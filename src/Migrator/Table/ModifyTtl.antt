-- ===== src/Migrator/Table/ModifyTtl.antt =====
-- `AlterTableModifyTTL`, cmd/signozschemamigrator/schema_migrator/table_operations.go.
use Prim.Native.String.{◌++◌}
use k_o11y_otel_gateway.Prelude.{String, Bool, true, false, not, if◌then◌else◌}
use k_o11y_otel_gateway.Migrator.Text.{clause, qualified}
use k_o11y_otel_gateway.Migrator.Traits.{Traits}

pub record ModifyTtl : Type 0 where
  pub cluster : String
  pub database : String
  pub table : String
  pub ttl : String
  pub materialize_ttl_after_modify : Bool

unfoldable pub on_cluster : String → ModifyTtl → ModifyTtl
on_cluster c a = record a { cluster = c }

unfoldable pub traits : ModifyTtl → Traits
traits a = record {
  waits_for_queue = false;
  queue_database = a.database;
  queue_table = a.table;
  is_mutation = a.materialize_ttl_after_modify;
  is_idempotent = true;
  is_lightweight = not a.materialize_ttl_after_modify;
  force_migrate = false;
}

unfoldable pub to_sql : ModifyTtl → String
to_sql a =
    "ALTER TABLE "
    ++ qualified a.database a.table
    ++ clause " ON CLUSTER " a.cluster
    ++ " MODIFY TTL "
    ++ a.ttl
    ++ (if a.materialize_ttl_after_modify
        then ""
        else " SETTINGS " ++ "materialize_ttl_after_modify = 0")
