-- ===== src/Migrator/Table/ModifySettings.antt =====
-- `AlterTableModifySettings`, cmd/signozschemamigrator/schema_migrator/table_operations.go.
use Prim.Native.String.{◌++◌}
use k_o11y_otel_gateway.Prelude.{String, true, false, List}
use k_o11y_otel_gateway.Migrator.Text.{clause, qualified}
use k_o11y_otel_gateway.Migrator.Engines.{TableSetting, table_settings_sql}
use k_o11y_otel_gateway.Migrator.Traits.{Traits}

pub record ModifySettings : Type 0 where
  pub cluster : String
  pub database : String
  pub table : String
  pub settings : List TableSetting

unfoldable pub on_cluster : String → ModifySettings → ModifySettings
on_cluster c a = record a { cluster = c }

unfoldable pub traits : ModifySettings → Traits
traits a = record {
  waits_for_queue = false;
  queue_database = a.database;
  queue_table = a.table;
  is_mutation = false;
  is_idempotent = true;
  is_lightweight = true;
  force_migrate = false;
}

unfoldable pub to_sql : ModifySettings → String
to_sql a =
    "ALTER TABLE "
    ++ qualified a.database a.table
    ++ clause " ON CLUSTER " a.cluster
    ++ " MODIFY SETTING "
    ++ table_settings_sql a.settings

·····

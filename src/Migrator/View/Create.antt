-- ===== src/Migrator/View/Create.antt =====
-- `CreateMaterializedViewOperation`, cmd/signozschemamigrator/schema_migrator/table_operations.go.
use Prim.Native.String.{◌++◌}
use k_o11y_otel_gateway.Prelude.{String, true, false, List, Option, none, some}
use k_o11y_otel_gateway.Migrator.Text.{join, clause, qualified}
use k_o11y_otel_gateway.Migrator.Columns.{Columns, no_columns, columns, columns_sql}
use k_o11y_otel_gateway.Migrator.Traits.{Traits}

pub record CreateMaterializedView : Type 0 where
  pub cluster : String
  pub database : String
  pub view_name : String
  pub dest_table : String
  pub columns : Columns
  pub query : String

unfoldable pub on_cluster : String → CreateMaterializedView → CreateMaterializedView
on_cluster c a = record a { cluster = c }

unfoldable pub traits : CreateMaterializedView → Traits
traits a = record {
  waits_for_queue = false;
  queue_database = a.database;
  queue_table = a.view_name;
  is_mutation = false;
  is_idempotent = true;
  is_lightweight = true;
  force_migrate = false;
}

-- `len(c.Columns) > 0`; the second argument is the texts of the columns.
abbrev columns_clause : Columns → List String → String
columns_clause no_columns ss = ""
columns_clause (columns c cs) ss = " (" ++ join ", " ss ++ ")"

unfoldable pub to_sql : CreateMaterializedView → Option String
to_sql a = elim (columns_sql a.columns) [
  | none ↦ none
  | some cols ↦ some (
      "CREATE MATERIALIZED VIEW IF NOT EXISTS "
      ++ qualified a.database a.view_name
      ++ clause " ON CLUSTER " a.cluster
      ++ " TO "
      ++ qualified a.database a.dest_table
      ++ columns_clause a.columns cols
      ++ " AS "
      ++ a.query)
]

·····

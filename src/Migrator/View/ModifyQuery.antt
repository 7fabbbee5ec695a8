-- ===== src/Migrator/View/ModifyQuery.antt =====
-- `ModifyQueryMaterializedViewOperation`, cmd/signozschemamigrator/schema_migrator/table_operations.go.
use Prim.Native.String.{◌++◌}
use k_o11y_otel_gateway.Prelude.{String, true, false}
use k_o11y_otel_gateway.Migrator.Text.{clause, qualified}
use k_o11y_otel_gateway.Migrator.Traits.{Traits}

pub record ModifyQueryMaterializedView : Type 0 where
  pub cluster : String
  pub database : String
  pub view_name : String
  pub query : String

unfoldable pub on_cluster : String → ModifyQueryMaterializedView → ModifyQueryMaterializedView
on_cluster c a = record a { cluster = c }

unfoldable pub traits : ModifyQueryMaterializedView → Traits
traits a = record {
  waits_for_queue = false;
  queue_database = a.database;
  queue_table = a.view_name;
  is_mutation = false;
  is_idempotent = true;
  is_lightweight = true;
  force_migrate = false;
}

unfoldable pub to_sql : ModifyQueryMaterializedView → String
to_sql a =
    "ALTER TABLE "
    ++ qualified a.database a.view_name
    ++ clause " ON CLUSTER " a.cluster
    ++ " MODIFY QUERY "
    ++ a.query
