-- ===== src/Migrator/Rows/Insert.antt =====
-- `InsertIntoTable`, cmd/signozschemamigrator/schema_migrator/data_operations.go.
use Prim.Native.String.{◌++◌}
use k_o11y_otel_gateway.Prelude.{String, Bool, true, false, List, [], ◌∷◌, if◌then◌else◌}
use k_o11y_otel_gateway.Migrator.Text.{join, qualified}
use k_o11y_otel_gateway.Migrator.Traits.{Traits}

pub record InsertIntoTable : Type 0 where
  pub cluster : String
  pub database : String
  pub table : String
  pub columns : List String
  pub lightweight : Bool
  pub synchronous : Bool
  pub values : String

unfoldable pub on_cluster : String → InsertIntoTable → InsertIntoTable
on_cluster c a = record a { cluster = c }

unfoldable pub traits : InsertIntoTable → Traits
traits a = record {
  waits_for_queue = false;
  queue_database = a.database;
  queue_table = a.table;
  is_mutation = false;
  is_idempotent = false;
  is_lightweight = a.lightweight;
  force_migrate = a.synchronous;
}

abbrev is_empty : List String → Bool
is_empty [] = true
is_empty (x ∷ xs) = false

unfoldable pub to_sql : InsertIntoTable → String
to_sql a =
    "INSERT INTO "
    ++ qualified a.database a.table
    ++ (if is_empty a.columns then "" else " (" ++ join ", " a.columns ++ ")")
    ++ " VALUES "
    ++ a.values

·····

• WHAT TO DO
Filter the records above for lines with "filename".

• TASK RESULT
filename src/Migrator/Table/ModifyTtl.antt
filename src/Migrator/View/Create.antt
filename src/Migrator/View/ModifyQuery.antt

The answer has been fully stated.